Could you reproduce, word for word, everything below from the line containing "users, n, refl))" down to the line containing "checked-result (connect_req token", with both of those lines included and no others?

· · ·

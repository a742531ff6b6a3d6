-- ===== src/Client/Answers.antt =====
-- Pending calls (client.go: `handle`, `sendAsyncOn`, and the closures of the calls).
use centrifuge_go.Prelude.{
  true, ◌⊎◌, map, delete, String, ℕ, false, List, [], ◌∷◌, ◌++◌, Option, none, some, ◌≡◌, refl, inl,
  inr, arith, lookup, nat_key, Option-cases, Bool-cases, not, ◌&&◌, is_some, sym, subst,
}
use centrifuge_go.Codes.{disconnected_bad_protocol}
use centrifuge_go.Errors.{GoError, Result, ServerError, ok, err, server_error, client_disconnected}
use centrifuge_go.Calls.{Context, finish_call}
use centrifuge_go.Requests.{pop_request, reply_result_of}
use centrifuge_go.State.{
  Client, Env, Call, CallResult, no_result, rpc_result, history_result, presence_result,
  presence_stats_result, Request, Pending, call_cb, connect_req, subscribe_req, unsubscribe_req,
  refresh_req, sub_refresh_req, rpc_req, publish_req, history_req, presence_req, presence_stats_req,
  send_req, pong_req,
}
use centrifuge_go.Protocol.{Slice, WireInfo, pub_from_proto}
use centrifuge_go.World.{World, in_client}
use centrifuge_go.Client.{
  Reply, Waits, WireHistory, handle_reply, request_timeout, run_callback, fail_callback, present,
  client_info, finish_replied, call_result, answer, malformed_reply, rpc_result_of,
  history_result_of, presence_result_of, presence_stats_result_of, move_to_disconnected_from,
}

abbrev pub pending_call : Call → Pending
pending_call call = record { cb = call_cb call; result = reply_result_of call.request }

-- What the application gets for a request out of a reply that has it.
abbrev pub Reads : Request → Reply → CallResult → Type 0
Reads (rpc_req method sent) r x = (b : Slice) × (r.rpc ≡ some b) × (x ≡ rpc_result b)
Reads (history_req channel o) r x =
    (h : WireHistory) × (r.history ≡ some h)
    × (x ≡ history_result (map pub_from_proto (present h.pubs)) h.offset h.epoch)
Reads (presence_req channel) r x =
    (clients : List (String × Option WireInfo)) × (r.presence ≡ some clients)
    × (x ≡ presence_result (map client_info clients))
Reads (presence_stats_req channel) r x =
    (clients : ℕ) × (users : ℕ) × (r.presence_stats ≡ some (clients, users))
    × (x ≡ presence_stats_result clients users)
Reads _ r x = x ≡ no_result

-- The result that the reply is to give the call: the error of the server, a disconnect if the reply
-- lacks what the call asked for, and else what it asked for.
abbrev pub IsAnswer : Call → Reply → Result CallResult → Type 0
IsAnswer call r (err e) =
    ((se : ServerError) × (r.error ≡ some se) × (e ≡ server_error se))
    ⊎ (r.error ≡ none)
      × (malformed_reply (reply_result_of call.request) r ≡ true)
      × (e ≡ client_disconnected)
IsAnswer call r (ok x) = (r.error ≡ none) × Reads call.request r x

-- The result of the call is the last one added.
abbrev pub IsLast : Call → Reply → Client → Type 0
IsLast call r d =
    (before : List (Call × Result CallResult)) × (x : Result CallResult) × (d.results
      ≡ before ++ ((call, x) ∷ []))
    × IsAnswer call r x

-- A reply that passed the check has what the closure of the call reads.
abbrev HasResult : Request → Reply → Type 0
HasResult request r = (x : CallResult) × (call_result request r ≡ some x) × Reads request r x

checked-result :
    (request : Request) (r : Reply)
    → malformed_reply (reply_result_of request) r ≡ false
    → HasResult request r
unfolding malformed_reply reply_result_of call_result rpc_result_of history_result_of
    presence_result_of presence_stats_result_of
checked-result (rpc_req method sent) r h = elim (Option-cases r.rpc) [
  | inl n ↦ absurd (ground (arith, n, h))
  | inr (b, n) ↦ (rpc_result b, ground (arith, n), (b, n, refl))
]
checked-result (history_req channel o) r h = elim (Option-cases r.history) [
  | inl n ↦ absurd (ground (arith, n, h))
  | inr (x, n) ↦ (_, ground (arith, n), (x, n, refl))
]
checked-result (presence_req channel) r h = elim (Option-cases r.presence) [
  | inl n ↦ absurd (ground (arith, n, h))
  | inr (x, n) ↦ (_, ground (arith, n), (x, n, refl))
]
checked-result (presence_stats_req channel) r h = elim (Option-cases r.presence_stats) [
  | inl n ↦ absurd (ground (arith, n, h))
  | inr ((clients, users), n) ↦ (_, ground (arith, n), (clients, users, n, refl))
]
checked-result (publish_req channel b) r h = (_, refl, refl)
checked-result (send_req b) r h = (_, refl, refl)
checked-result pong_req r h = (_, refl, refl)
checked-result (connect_req token subs) r h = (_, refl, refl)
checked-result (subscribe_req q) r h = (_, refl, refl)
checked-result (unsubscribe_req channel) r h = (_, refl, refl)
checked-result (refresh_req token) r h = (_, refl, refl)
checked-result (sub_refresh_req channel token) r h = (_, refl, refl)

replied-IsLast :
    (call : Call) (r : Reply) (c : Client)
    → not (is_some r.error) && malformed_reply (reply_result_of call.request) r ≡ false
    → IsLast call r (finish_replied call r c)
unfolding finish_replied answer
replied-IsLast call r c h = elim (Option-cases r.error) [
  | inl n ↦
      let found = checked-result call.request r (ground (arith, n, h)) in
      (c.results, ok found.0, ground (arith, n, found.1), (n, found.2))
  | inr (e, n) ↦ (c.results, err (server_error e), ground (arith, n), inl (e, n, refl))
]

refused-IsLast :
    (call : Call) (r : Reply) (c : Client)
    → not (is_some r.error) && malformed_reply (reply_result_of call.request) r ≡ true
    → IsLast call r (finish_call call (some client_disconnected) c)
unfolding finish_call
refused-IsLast call r c h = elim (Option-cases r.error) [
  | inl n ↦ (c.results, err client_disconnected, refl, inr (n, ground (arith, n, h), refl))
  | inr (e, n) ↦ (c.results, err client_disconnected, refl, inr (ground (arith, n, h)))
]

reply-IsLast :
    (env : Env) (ctx : Context) (waits : Waits) (t id : ℕ) (r : Reply) (call : Call) (w : World)
    → lookup id w.client.requests ≡ some (pending_call call)
    → IsLast call r (handle_reply env ctx waits t id r w).client
unfolding handle_reply run_callback fail_callback pop_request
reply-IsLast env ctx waits t id r call w h =
    let w1 = record w { client = (pop_request id w.client).1 } in
    let w2 =
      move_to_disconnected_from env ctx (some t) disconnected_bad_protocol "malformed reply" w1 in
    let p = pending_call call in
    elim (Bool-cases (not (is_some r.error) && malformed_reply p.result r)) [
      | inl y ↦
          let ends : handle_reply env ctx waits t id r w
              ≡ in_client (finish_call call (some client_disconnected)) w2 =
            ground (arith, h, y) in
          subst (λ v. IsLast call r v.client) (sym ends) (refused-IsLast call r w2.client y)
      | inr n ↦
          let ends : handle_reply env ctx waits t id r w ≡ in_client (finish_replied call r) w1 =
            ground (arith, h, n) in
          subst (λ v. IsLast call r v.client) (sym ends) (replied-IsLast call r w1.client n)
    ]

timeout-results :
    (env : Env) (ctx : Context) (waits : Waits) (id : ℕ) (e : GoError) (call : Call) (w : World)
    → lookup id w.client.requests ≡ some (pending_call call)
    → ((request_timeout env ctx waits e id w).client.results
        ≡ w.client.results ++ ((call, err e) ∷ []))
      × ((request_timeout env ctx waits e id w).client.requests ≡ delete id w.client.requests)
unfolding request_timeout fail_callback pop_request finish_call
timeout-results env ctx waits id e call w h = ground (arith, h)

-- No request of a call stays open. When the reply to it comes, the result of the call is added last:
-- the error of the server, or a disconnect if the reply lacks what was asked for, or else what the
-- reply holds. When the timer of the request fires, its error is added to the results instead, and
-- the request is removed.
pub requests_are_answered :
    (env : Env) (ctx : Context) (waits : Waits) (t id : ℕ) (r : Reply) (e : GoError) (call : Call)
    (w : World)
    → lookup id w.client.requests ≡ some (pending_call call)
    → IsLast call r (handle_reply env ctx waits t id r w).client
      × ((request_timeout env ctx waits e id w).client.results
          ≡ w.client.results ++ ((call, err e) ∷ []))
      × ((request_timeout env ctx waits e id w).client.requests ≡ delete id w.client.requests)
requests_are_answered env ctx waits t id r e call w h =
    let fired = timeout-results env ctx waits id e call w h in
    (reply-IsLast env ctx waits t id r call w h, fired.0, fired.1)
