-- ===== src/Client/Core.antt =====
-- The part of the client that decides about its connection, and what leaves it alone: resolving the
-- calls that wait for the connection, and the methods of subscriptions.
pub mod Frames
pub mod Waits
pub mod Refreshes
pub mod Runs
use centrifuge_go.Prelude.{
  true, ℕ, String, Bool, List, [], ◌∷◌, Option, none, some, ◌≡◌, ◌∙◌, arith, nat_key, inl, inr,
  Option-cases,
}
use centrifuge_go.Errors.{GoError}
use centrifuge_go.Calls.{
  Context, finish_call, send_call, run_send, run_request, run_call, run_calls,
  resolve_connect_futures,
}
use centrifuge_go.Effects.{notify, notify_sync}
use centrifuge_go.PushIds.{update_subscription_push_id}
use centrifuge_go.Requests.{
  next_cmd_id, send_subscribe, send_async, send_async_on, send, send_on, async_sent, add_request,
  reply_result_of,
}
use centrifuge_go.State.{
  Client, Env, Call, Event, Command, Callback, Frame, ReplyResult, call_cb, subscribe_req,
  subscribe_cb, SubscribeRequest, on_subscribing,
}
use centrifuge_go.Subscription.{
  move_to_subscribing_locked, move_to_unsubscribed, move_to_unsubscribed_locked, invalidate_state,
  resubscribe, send_current, continue_sync, set_inflight, subscribe_request,
}
use centrifuge_go.World.{World, on_sub, each_sub, frame}

pub record SameCore (c d : Client) : Type 0 where
  pub state : c.state ≡ d.state
  pub connected : c.connected ≡ d.connected
  pub transport : c.transport ≡ d.transport
  pub connect_attempt : c.connect_attempt ≡ d.connect_attempt
  pub conn_generation : c.conn_generation ≡ d.conn_generation
  pub refresh_timer : c.refresh_timer ≡ d.refresh_timer
  pub connect_futures : c.connect_futures ≡ d.connect_futures
  pub token : c.token ≡ d.token
  pub server_subs : c.server_subs ≡ d.server_subs
  pub subs : c.subs ≡ d.subs

pub SameCore-trans : {c d e : Client} → SameCore c d → SameCore d e → SameCore c e
SameCore-trans p q = record {
  state = p.state ∙ q.state;
  connected = p.connected ∙ q.connected;
  transport = p.transport ∙ q.transport;
  connect_attempt = p.connect_attempt ∙ q.connect_attempt;
  conn_generation = p.conn_generation ∙ q.conn_generation;
  refresh_timer = p.refresh_timer ∙ q.refresh_timer;
  connect_futures = p.connect_futures ∙ q.connect_futures;
  token = p.token ∙ q.token;
  server_subs = p.server_subs ∙ q.server_subs;
  subs = p.subs ∙ q.subs;
}

pub SameCore-refl : (c : Client) → SameCore c c
SameCore-refl c = ground arith

pub notify-SameCore : (b : Bool) (e : Event) (c : Client) → SameCore (notify b e c) c
unfolding notify
notify-SameCore b e c = ground arith

pub notify_sync-SameCore : (b : Bool) (e : Event) (c : Client) → SameCore (notify_sync b e c) c
unfolding notify_sync
notify_sync-SameCore b e c = ground arith

pub send_on-SameCore :
    (env : Env) (t : ℕ) (cmd : Command) (c : Client) → SameCore (send_on env t cmd c).0 c
unfolding send_on
send_on-SameCore env t cmd c = ground arith

send-SameCore : (env : Env) (cmd : Command) (c : Client) → SameCore (send env cmd c).0 c
unfolding send
send-SameCore env cmd c = elim (Option-cases c.transport) [
  | inl n ↦ ground (arith, n)
  | inr (t, n) ↦ ground (arith, n, send_on-SameCore env t cmd c)
]

async_sent-SameCore : (id : ℕ) (r : Client × Option GoError) → SameCore (async_sent id r).0 r.0
unfolding async_sent
async_sent-SameCore id (c, none) = ground arith
async_sent-SameCore id (c, some e) = ground arith

add_request-SameCore :
    (id : ℕ) (result : ReplyResult) (cb : Callback) (c : Client)
    → SameCore (add_request id result cb c) c
unfolding add_request
add_request-SameCore id result cb c = ground arith

pub send_async_on-SameCore :
    (env : Env) (t : Option ℕ) (cmd : Command) (cb : Callback) (c : Client)
    → SameCore (send_async_on env t cmd cb c).0 c
unfolding send_async_on
send_async_on-SameCore env none cmd cb c =
    let c1 = add_request cmd.id (reply_result_of cmd.request) cb c in
    SameCore-trans (async_sent-SameCore cmd.id (send env cmd c1)) (
      SameCore-trans (send-SameCore env cmd c1)
        (add_request-SameCore cmd.id (reply_result_of cmd.request) cb c))
send_async_on-SameCore env (some t) cmd cb c =
    let c1 = add_request cmd.id (reply_result_of cmd.request) cb c in
    SameCore-trans (async_sent-SameCore cmd.id (send_on env t cmd c1)) (
      SameCore-trans (send_on-SameCore env t cmd c1)
        (add_request-SameCore cmd.id (reply_result_of cmd.request) cb c))

pub next_cmd_id-SameCore : (c : Client) → SameCore (next_cmd_id c).1 c
unfolding next_cmd_id
next_cmd_id-SameCore c = ground arith

send_call-SameCore : (env : Env) (call : Call) (c : Client) → SameCore (send_call env call c) c
unfolding send_call send_async finish_call
send_call-SameCore env call c =
    let c1 = (next_cmd_id c).1 in
    let cmd : Command = record { id = (next_cmd_id c).0; request = call.request } in
    let same =
      SameCore-trans (send_async_on-SameCore env none cmd (call_cb call) c1)
        (next_cmd_id-SameCore c) in
    elim (Option-cases (send_async_on env none cmd (call_cb call) c1).1) [
      | inl n ↦ ground (arith, n, same)
      | inr (x, n) ↦ ground (arith, n, same)
    ]

pub run_call-SameCore :
    (env : Env) (ctx : Context) (call : Call) (e : Option GoError) (c : Client)
    → SameCore (run_call env ctx call e c) c
unfolding run_call run_send run_request finish_call
run_call-SameCore env ctx call none c =
    let cmd : Command = record { id = 0; request = call.request } in
    ground (arith, send_call-SameCore env call c, send-SameCore env cmd c)
run_call-SameCore env ctx call (some e) c = ground arith

run_calls-SameCore :
    (env : Env) (ctx : Context) (e : Option GoError) (calls : List (ℕ × Call)) (c : Client)
    → SameCore (run_calls env ctx e calls c) c
unfolding run_calls
run_calls-SameCore env ctx e [] c = SameCore-refl c
run_calls-SameCore env ctx e ((id, call) ∷ calls) c =
    SameCore-trans (run_calls-SameCore env ctx e calls (run_call env ctx call e c))
      (run_call-SameCore env ctx call e c)

-- Resolving the futures empties them and keeps the rest of the core.
pub resolve_connect_futures-SameCore :
    (env : Env) (ctx : Context) (e : Option GoError) (c : Client)
    → SameCore (resolve_connect_futures env ctx e c) (record c { connect_futures = [] })
unfolding resolve_connect_futures
resolve_connect_futures-SameCore env ctx e c =
    ground (arith, run_calls-SameCore env ctx e c.connect_futures c)

-- A method of a subscription that leaves the core of its client alone.
abbrev pub SparesCore : (Frame → Frame) → Type 0
SparesCore op = (f : Frame) → SameCore (op f).client f.client

pub move_to_subscribing_locked-SparesCore :
    (code : ℕ) (reason : String) → SparesCore (move_to_subscribing_locked code reason)
unfolding move_to_subscribing_locked
move_to_subscribing_locked-SparesCore code reason f = ground (
  arith,
  notify-SameCore f.sub.handlers.on_subscribing (on_subscribing f.sub.channel code reason) f.client,
)

pub move_to_unsubscribed-SparesCore :
    (code : ℕ) (reason : String) → SparesCore (move_to_unsubscribed code reason)
unfolding move_to_unsubscribed move_to_unsubscribed_locked notify update_subscription_push_id
move_to_unsubscribed-SparesCore code reason f = ground arith

pub invalidate_state-SparesCore : SparesCore invalidate_state
unfolding invalidate_state update_subscription_push_id
invalidate_state-SparesCore f = ground arith

send_subscribe-SameCore :
    (env : Env) (params : SubscribeRequest) (cb : Callback) (c : Client)
    → SameCore (send_subscribe env params cb c).0 c
unfolding send_subscribe send_async
send_subscribe-SameCore env params cb c =
    let cmd : Command = record { id = (next_cmd_id c).0; request = subscribe_req params } in
    SameCore-trans (send_async_on-SameCore env none cmd cb (next_cmd_id c).1)
      (next_cmd_id-SameCore c)

pub send_current-SparesCore :
    (env : Env) (token : String) (attempt invalidations : ℕ)
    → SparesCore (send_current env token attempt invalidations)
unfolding send_current
send_current-SparesCore env token attempt invalidations f = ground (
  arith,
  send_subscribe-SameCore env (subscribe_request token f.sub)
      (subscribe_cb f.sub.address attempt f.client.conn_generation) f.client,
)

pub resubscribe-SparesCore : (env : Env) → SparesCore (resubscribe env)
unfolding resubscribe continue_sync
resubscribe-SparesCore env f = ground (
  arith,
  send_current-SparesCore env f.sub.token f.sub.subscribe_attempt f.sub.invalidations
      (set_inflight true f),
)

pub each_sub-SameCore :
    (op : Frame → Frame) (subs : List (String × ℕ)) (w : World)
    → SparesCore op
    → SameCore (each_sub op subs w).client w.client
unfolding each_sub on_sub
each_sub-SameCore op [] w k = SameCore-refl w.client
each_sub-SameCore op ((channel, a) ∷ subs) w k =
    SameCore-trans (each_sub-SameCore op subs (on_sub a op w) k) (k (frame w a))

· · ·

■ Solution for this task:
  | inr ((clients, users), n) ↦ (_, ground (arith, n), (clients, users, n, refl))
]
checked-result (publish_req channel b) r h = (_, refl, refl)
checked-result (send_req b) r h = (_, refl, refl)
checked-result pong_req r h = (_, refl, refl)
checked-result (connect_req token subs) r h = (_, refl, refl)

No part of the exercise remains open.